STALINGRADSKAYA BITVA (1949), STALINGRAD (1989)
3.2. Stalingradskaya bitva, 1949
A monumentalização da batalha teve que esperar o período da reconstrução do pós-guerra. O regime possuía preocupações mais imediatas. A indústria do cinema havia sido dispersa pelas repúblicas da Ásia Central, após seu desmonte na zona de guerra. O estúdio Sverdlovskaya Kinostudiya foi criado em 1943; o Kazakhfilm (produtor de cinejornais desde 1934) passou a produzir filmes a partir de setembro de 1941; o Kirgizfilm é de 1942; em 1941, o Tajikfilm fundiu-se com o Soyuzdetfilm; o Tashkentskaya kinostudiya foi fundado em 1941, e seu primeiro diretor foi o evacuado Mikhail Romm. O maior estúdio do país, Mosfilm, também sofrera com os bombardeios que atingiram Moscou no fim de 1941159. Nele foi produzido o primeiro dos grandes filmes de ficção e semidocumentários sobre o evento:
Stalingradskaya bitva, de Vladimir Petrov. O diretor fora brevemente um emigrado da Revolução, retornando da Inglaterra, onde também fora diretor, em 1920. Ao receber a encomenda, já era um diretor reconhecido no país, com grandes sucessos na carreira, como Petr Pervyi [Pedro I, 1938], Bez viny vinovatye [Culpados sem culpa, 1945], e Kutuzov, de 1943. Receberia seu quarto Prêmio Stalin com este filme. Politicamente, Petrov foi uma escolha adequada para a direção desde filme que consagrava Stalin como um nacionalista russo160.
Comissionado para as comemorações dos quatro anos do fim da Segunda Guerra, estreou nos cinemas soviéticos no Dia da Vitória de 9 de maio de 1949. Economicamente o país já voltara ao seu nível do pré-guerra. Socialmente, a inquietação popular crescia, com as cotas de trabalho, a falta de moradias tremendamente agravada pela destruição provocada pela guerra e o êxodo rural, a repressão mais firme – apesar de numericamente muitíssimo inferior a da Grande Purga de 1937-38. Stalin lidou com as pressões acenando com concessões, como a diminuição do preço dos alimentos161, e com uma política cultural de apoio a si mesmo, como o líder capaz de guiar o país – comprovadamente pela vitória na guerra. Bazin, em sua análise do mito stalinista, também cita o filme.
159 Nesse bombardeio, a única cópia do Prado de Bejin, de Eisenstein, foi destruída (LAVALLEY; SCHERR, 2001, p.193).
160 “A posição política do diretor parece ter sido um nacionalismo esclarecido, promissor e autoritário.
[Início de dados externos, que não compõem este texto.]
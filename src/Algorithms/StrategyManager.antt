-- ===== src/Algorithms/StrategyManager.antt =====
-- `StrategyManager` of src/algorithms/strategy_manager.py. A class of strategies is the list of symbols
-- of its strategies' configuration; the id of a new strategy is an argument.
pub mod Stopped
use algo_engine.Prelude.{
  ℕ, ◌+◌, Bool, true, false, not, Option, none, some, List, [], ◌∷◌, ◌++◌, String, if◌then◌else◌,
  length, map,
}
use algo_engine.Prelude.Eq.{Eq, ◌=?◌, string_eq}
use algo_engine.Prelude.Dict.{Dict, lookup, insert, erase, contains}
use algo_engine.Algorithms.Strategy.{Strategy, new_strategy, is_running, start, pause, resume, stop}

pub record StrategyManager (S D : Type 0) : Type 0 where
  pub strategies : Dict String (Strategy S D)
  -- the symbols of each configuration
  pub strategy_configs : Dict String (List S)
  pub strategy_classes : Dict String ℕ

-- How `remove_strategy` ends; `key_error` is the exception of a missing configuration.
pub data Removal : Type 0 where
  removed not_there key_error : Removal

module _ {S D : Type 0} where
  unfoldable pub new_strategies : StrategyManager S D
  new_strategies = record { strategies = []; strategy_configs = []; strategy_classes = [] }

  unfoldable pub register_strategy_class : String → ℕ → StrategyManager S D → StrategyManager S D
  register_strategy_class name c m = record m {
    strategy_classes = insert name c m.strategy_classes;
  }

  -- `create_strategy`, with the id that the new strategy gets.
  unfoldable pub create_strategy :
      String → String → List S → StrategyManager S D → Bool × StrategyManager S D
  unfolding new_strategy
  create_strategy id name symbols m =
      if contains name m.strategy_classes
      then (
        true,
        record m {
          strategies = insert id (new_strategy id symbols) m.strategies;
          strategy_configs = insert id symbols m.strategy_configs;
        },
      )
      else (false, m)

  unfoldable pub add_strategy : Strategy S D → StrategyManager S D → StrategyManager S D
  add_strategy s m = record m { strategies = insert s.strategy_id s m.strategies }

  -- `remove_strategy`
  unfoldable pub remove_strategy : String → StrategyManager S D → Removal × StrategyManager S D
  remove_strategy id m =
      if not (contains id m.strategies)
      then (not_there, m)
      else (let m' = record m { strategies = erase id m.strategies } in
          if contains id m.strategy_configs
          then (removed, record m' { strategy_configs = erase id m.strategy_configs })
          else (key_error, m'))

  -- A change of the strategy of an id, if there is one.
  abbrev pub change_one :
      (Strategy S D → Strategy S D) → String → StrategyManager S D → Bool × StrategyManager S D
  change_one f id m = elim (lookup id m.strategies) [
    | none ↦ (false, m)
    | some s ↦ (true, record m { strategies = insert id (f s) m.strategies })
  ]

  -- `start_strategy`, `stop_strategy`, `pause_strategy` and `resume_strategy`
  unfoldable pub start_strategy : String → StrategyManager S D → Bool × StrategyManager S D
  unfolding start
  start_strategy id m = change_one start id m

  unfoldable pub stop_strategy : String → StrategyManager S D → Bool × StrategyManager S D
  unfolding stop
  stop_strategy id m = change_one stop id m

  unfoldable pub pause_strategy : String → StrategyManager S D → Bool × StrategyManager S D
  unfolding pause
  pause_strategy id m = change_one pause id m

  unfoldable pub resume_strategy : String → StrategyManager S D → Bool × StrategyManager S D
  unfolding resume
  resume_strategy id m = change_one resume id m

  -- The loops of `start_all`, `stop_all` and `pause_all`.
  unfoldable pub start_each : Dict String (Strategy S D) → ℕ × Dict String (Strategy S D)
  unfolding start
  start_each [] = (0, [])
  start_each ((id, s) ∷ ss) =
      let (n, rest) = start_each ss in
      if is_running s then (n, (id, s) ∷ rest) else (n + 1, (id, start s) ∷ rest)

  unfoldable pub stop_each : Dict String (Strategy S D) → ℕ × Dict String (Strategy S D)
  unfolding stop
  stop_each [] = (0, [])
  stop_each ((id, s) ∷ ss) = let (n, rest) = stop_each ss in (n + 1, (id, stop s) ∷ rest)

  unfoldable pub pause_each : Dict String (Strategy S D) → ℕ × Dict String (Strategy S D)
  unfolding pause
  pause_each [] = (0, [])
  pause_each ((id, s) ∷ ss) =
      let (n, rest) = pause_each ss in
      if is_running s then (n + 1, (id, pause s) ∷ rest) else (n, (id, s) ∷ rest)

  unfoldable pub start_all : StrategyManager S D → ℕ × StrategyManager S D
  unfolding start_each
  start_all m = let (n, ss) = start_each m.strategies in (n, record m { strategies = ss })

  unfoldable pub stop_all : StrategyManager S D → ℕ × StrategyManager S D
  unfolding stop_each
  stop_all m = let (n, ss) = stop_each m.strategies in (n, record m { strategies = ss })

  unfoldable pub pause_all : StrategyManager S D → ℕ × StrategyManager S D
  unfolding pause_each
  pause_all m = let (n, ss) = pause_each m.strategies in (n, record m { strategies = ss })

  -- `get_running_strategies`
  unfoldable pub get_running : Dict String (Strategy S D) → List (Strategy S D)
  get_running [] = []
  get_running ((id, s) ∷ ss) = let rest = get_running ss in if is_running s then s ∷ rest else rest
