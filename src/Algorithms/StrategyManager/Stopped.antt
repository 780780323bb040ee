-- ===== src/Algorithms/StrategyManager/Stopped.antt =====
-- Starting all strategies after stopping them all (src/algorithms/strategy_manager.py).
use algo_engine.Prelude.{◌≡◌, refl, [], ◌∷◌, String, length, arith}
use algo_engine.Prelude.Dict.{Dict}
use algo_engine.Algorithms.Strategy.{Strategy, start, stop}
use algo_engine.Algorithms.StrategyManager.{
  StrategyManager, start_each, stop_each, start_all, stop_all, get_running,
}

module _ {S D : Type 0} where
  start_each-stop_each :
      (ss : Dict String (Strategy S D))
      → ((start_each (stop_each ss).1).0 ≡ length ss)
        × (get_running (start_each (stop_each ss).1).1 ≡ [])
  unfolding start_each stop_each start stop get_running
  start_each-stop_each [] = (refl, refl)
  start_each-stop_each ((id, s) ∷ ss) = ground (arith, start_each-stop_each ss)

  -- Once all strategies are stopped, starting them all starts none: no strategy is running, while
  -- the count of started strategies that is returned is the number of all strategies.
  pub start_all-stop_all :
      (m : StrategyManager S D)
      → let (n, m') = start_all (stop_all m).1 in
        (n ≡ length m.strategies) × (get_running m'.strategies ≡ [])
  unfolding start_all stop_all
  start_all-stop_all m = start_each-stop_each m.strategies
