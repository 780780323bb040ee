-- ===== src/Algorithms/Tests.antt =====
-- The theorems about src/algorithms at inputs that meet their hypotheses, with whole numbers for decimals.
use algo_engine.Prelude.{◌≡◌, refl, List, [], ◌∷◌, String, length}
use algo_engine.Prelude.Int.{ℤ, pos}
use algo_engine.Prelude.Eq.{string_eq}
use algo_engine.Data.Aggregator.{minute}
use algo_engine.Data.Aggregator.Bars.{Bar}
use algo_engine.Algorithms.Strategy.{Strategy, running, stopped, no_order, submit_order}
use algo_engine.Algorithms.Strategy.Terminal.{
  Event, starts, resumes, gets_bar, happen_all, happen_all_stopped,
}
use algo_engine.Algorithms.StrategyManager.{StrategyManager, start_all, stop_all, get_running}
use algo_engine.Algorithms.StrategyManager.Stopped.{start_all-stop_all}

abbrev strategy : Strategy String ℤ
strategy = record {
  strategy_id = "STRAT_1";
  symbols = "AUDUSD" ∷ [];
  state = running;
  bars = ("AUDUSD", []) ∷ [];
  latest_ticks = [];
  fill_handlers = [];
  called = [];
}

abbrev bar : Bar String ℤ
bar = record {
  symbol = "AUDUSD";
  timestamp = 60;
  open_price = pos 6;
  high = pos 8;
  low = pos 5;
  close = pos 7;
  volume = pos 100;
  resolution = minute;
}

abbrev ended : Strategy String ℤ
ended = record strategy { state = stopped }

abbrev events : List (Event String ℤ)
events = resumes ∷ gets_bar bar ∷ starts ∷ gets_bar bar ∷ []

happen_all_stopped_example :
    ((happen_all events ended).state ≡ stopped)
    × ((happen_all events ended).bars ≡ ended.bars)
    × ((happen_all events ended).latest_ticks ≡ ended.latest_ticks)
    × (submit_order (happen_all events ended) ≡ no_order)
happen_all_stopped_example = happen_all_stopped events ended refl

abbrev manager : StrategyManager String ℤ
manager = record {
  strategies = ("STRAT_1", strategy) ∷ ("STRAT_2", ended) ∷ [];
  strategy_configs = [];
  strategy_classes = [];
}

start_all-stop_all_example :
    let (n, m') = start_all (stop_all manager).1 in
    (n ≡ length manager.strategies) × (get_running m'.strategies ≡ [])
start_all-stop_all_example = start_all-stop_all manager
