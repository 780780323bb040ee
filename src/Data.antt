-- ===== src/Data.antt =====
-- Market data in memory (src/data/stream_cache.py).
pub mod StreamCache
pub mod SymbolCache
pub mod Sync
pub mod Aggregator
mod Tests
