-- ===== src/Data/Aggregator/Bars/Range.antt =====
-- The range of a bar that `_create_bar` of src/data/feed.py makes, and what `Bar.__post_init__` of
-- src/data/models.py changes of it.
use mathlib.Core.List.{Memᴰ}
use algo_engine.Prelude.{
  ℕ, ◌≡◌, ◌⊎◌, ◌∙◌, refl, ap, true, some, List, [], ◌∷◌, All, Bool-cases, inl, inr,
}
use algo_engine.Trading.Decimal.{Decimal, IsChain}
use algo_engine.Trading.Market.{Literals, Tick, smaller, larger}
use algo_engine.Data.Aggregator.{Resolution, Batch}
use algo_engine.Data.Aggregator.Bars.{
  Bar, bar_with, last_of, highest, lowest, post_init, prices_of, bar_of, create_bar,
}

-- What all elements of a list are, its last is.
last_of-All {ℓ κ} :
    {A : Type ℓ} (P : A → Type κ) (x : A) (xs : List A) → P x → All P xs → P (last_of x xs)
last_of-All P x [] p _ = p
last_of-All P x (y ∷ ys) p (q, qs) = last_of-All P y ys q qs

module _ {D : Type 0} ⦃d : Decimal D⦄ where
  open d use {leb}

  larger-cases : (a b : D) → (larger a b ≡ a) ⊎ (larger a b ≡ b)
  larger-cases a b = elim (Bool-cases (leb b a)) [
    | inl h ↦ rw h (inl refl)
    | inr h ↦ rw h (inr refl)
  ]

  smaller-cases : (a b : D) → (smaller a b ≡ a) ⊎ (smaller a b ≡ b)
  smaller-cases a b = elim (Bool-cases (leb a b)) [
    | inl h ↦ rw h (inl refl)
    | inr h ↦ rw h (inr refl)
  ]

  larger_le : (a b c : D) → leb a c ≡ true → leb b c ≡ true → leb (larger a b) c ≡ true
  larger_le a b c h k = elim (larger-cases a b) [ inl e ↦ rw e h | inr e ↦ rw e k ]

  le_smaller : (a b c : D) → leb c a ≡ true → leb c b ≡ true → leb c (smaller a b) ≡ true
  le_smaller a b c h k = elim (smaller-cases a b) [ inl e ↦ rw e h | inr e ↦ rw e k ]

  -- The choice of one of two first elements keeps a member among both.
  among : {m x y c : D} {ys : List D} → (c ≡ x) ⊎ (c ≡ y) → Memᴰ m (c ∷ ys) → Memᴰ m (x ∷ y ∷ ys)
  among (inl h) (Memᴰ.head e) = Memᴰ.head (e ∙ h)
  among (inr h) (Memᴰ.head e) = Memᴰ.tail (Memᴰ.head (e ∙ h))
  among h (Memᴰ.tail k) = Memᴰ.tail (Memᴰ.tail k)

  highest-Mem : (x : D) (xs : List D) → Memᴰ (highest x xs) (x ∷ xs)
  highest-Mem x [] = Memᴰ.head refl
  highest-Mem x (y ∷ ys) = among (larger-cases x y) (highest-Mem (larger x y) ys)

  lowest-Mem : (x : D) (xs : List D) → Memᴰ (lowest x xs) (x ∷ xs)
  lowest-Mem x [] = Memᴰ.head refl
  lowest-Mem x (y ∷ ys) = among (smaller-cases x y) (lowest-Mem (smaller x y) ys)

module _ {D : Type 0} ⦃d : Decimal D⦄ (chain : IsChain D) where
  open d use {leb}

  le_self : (a : D) → leb a a ≡ true
  le_self a = elim (Bool-cases (leb a a)) [ inl h ↦ h | inr h ↦ chain.le_total a a h ]

  le_larger : (a b : D) → (leb a (larger a b) ≡ true) × (leb b (larger a b) ≡ true)
  le_larger a b = elim (Bool-cases (leb b a)) [
    | inl h ↦ rw h (le_self a, h)
    | inr h ↦ rw h (chain.le_total b a h, le_self b)
  ]

  smaller_le : (a b : D) → (leb (smaller a b) a ≡ true) × (leb (smaller a b) b ≡ true)
  smaller_le a b = elim (Bool-cases (leb a b)) [
    | inl h ↦ rw h (le_self a, h)
    | inr h ↦ rw h (chain.le_total a b h, le_self b)
  ]

  le_highest :
      (x : D) (xs : List D)
      → (leb x (highest x xs) ≡ true) × All (λ y. leb y (highest x xs) ≡ true) xs
  le_highest x [] = (le_self x, tt)
  le_highest x (y ∷ ys) =
      let (first, rest) = le_highest (larger x y) ys in
      let (left, right) = le_larger x y in
      let top = highest (larger x y) ys in
      (
        chain.le_trans x (larger x y) top left first,
        (chain.le_trans y (larger x y) top right first, rest),
      )

  lowest_le :
      (x : D) (xs : List D)
      → (leb (lowest x xs) x ≡ true) × All (λ y. leb (lowest x xs) y ≡ true) xs
  lowest_le x [] = (le_self x, tt)
  lowest_le x (y ∷ ys) =
      let (first, rest) = lowest_le (smaller x y) ys in
      let (left, right) = smaller_le x y in
      let bottom = lowest (smaller x y) ys in
      (
        chain.le_trans bottom (smaller x y) x first left,
        (chain.le_trans bottom (smaller x y) y first right, rest),
      )

-- How a bar stands to the prices `p` and `ps` that it is made from.
pub record IsRange {S D : Type 0} ⦃d : Decimal D⦄ (p : D) (ps : List D) (b : Bar S D) : Type 0 where
  pub opens : b.open_price ≡ p
  pub closes : b.close ≡ last_of p ps
  pub above : All (λ x. d.leb x b.high ≡ true) (p ∷ ps)
  pub below : All (λ x. d.leb b.low x ≡ true) (p ∷ ps)
  pub reaches_high : Memᴰ b.high (p ∷ ps)
  pub reaches_low : Memᴰ b.low (p ∷ ps)

module _ {S D : Type 0} ⦃d : Decimal D⦄ where
  open d use {leb}

  -- Nothing is left to do for a bar whose range has its first and its last price.
  post_init_done :
      (b : Bar S D)
      → leb (larger b.open_price b.close) b.high ≡ true
      → leb b.low (smaller b.open_price b.close) ≡ true
      → post_init b ≡ b
  unfolding post_init
  post_init_done b h k = rw (h, k) refl

module _ {S D : Type 0} ⦃d : Decimal D⦄ ⦃l : Literals D⦄ (chain : IsChain D) where
  open d use {leb}

  bar_with-IsRange :
      (r : Resolution) (s : S) (t : ℕ) (ticks : List (Tick S D)) (p : D) (ps : List D)
      → IsRange p ps (bar_with r s t ticks p ps)
  bar_with-IsRange r s t ticks p ps = record {
    opens = refl;
    closes = refl;
    above = le_highest chain p ps;
    below = lowest_le chain p ps;
    reaches_high = highest-Mem p ps;
    reaches_low = lowest-Mem p ps;
  }

  post_init-bar_with :
      (r : Resolution) (s : S) (t : ℕ) (ticks : List (Tick S D)) (p : D) (ps : List D)
      → post_init (bar_with r s t ticks p ps) ≡ bar_with r s t ticks p ps
  post_init-bar_with r s t ticks p ps =
      let b = bar_with r s t ticks p ps in
      let (first, later) = le_highest chain p ps in
      let (first', later') = lowest_le chain p ps in
      post_init_done b
        (larger_le p (last_of p ps) b.high first
          (last_of-All (λ x. leb x b.high ≡ true) p ps first later))
        (le_smaller p (last_of p ps) b.low first'
          (last_of-All (λ x. leb b.low x ≡ true) p ps first' later'))

  -- From ticks that have the mid prices `p`, `ps`, a bar is made: it opens at `p` and closes at the
  -- last of the prices, each of them lies between its low and its high, and its low and its high are
  -- among them. `Bar.__post_init__` has nothing to put right in it.
  pub create_bar_lem :
      (r : Resolution) (b : Batch S D) (p : D) (ps : List D)
      → prices_of b.ticks ≡ some (p ∷ ps)
      → (x : Bar S D) × (create_bar r b ≡ some x) × IsRange p ps x × (post_init x ≡ x)
  unfolding create_bar bar_of
  create_bar_lem r b p ps h =
      let x = bar_with r b.symbol b.period b.ticks p ps in
      let fits = post_init-bar_with r b.symbol b.period b.ticks p ps in
      (
        x,
        rw (h, create_bar) (ap some fits),
        bar_with-IsRange r b.symbol b.period b.ticks p ps,
        fits,
      )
No entanto, o que atraiu os espectadores - se não críticos e acadêmicos - foram as histórias emocionantes que Petrov contou de forma tão impressionante, centradas em conjuntos requintados de atores” (ROLLBERG, 2009, p.531).
161 Sua elevação, anos mais tarde, como parte da política de Khrushchev para diminuir subsídios e aumentar o prêmio pago ao produtor, tornou-se fonte para protestos pró-Stalin disseminados pelo país (VOLKOGONOV, 2008, p.193; MEDVEDEV; MEDVEDEV, 2006; LEWIN, 2007, p.230; 236).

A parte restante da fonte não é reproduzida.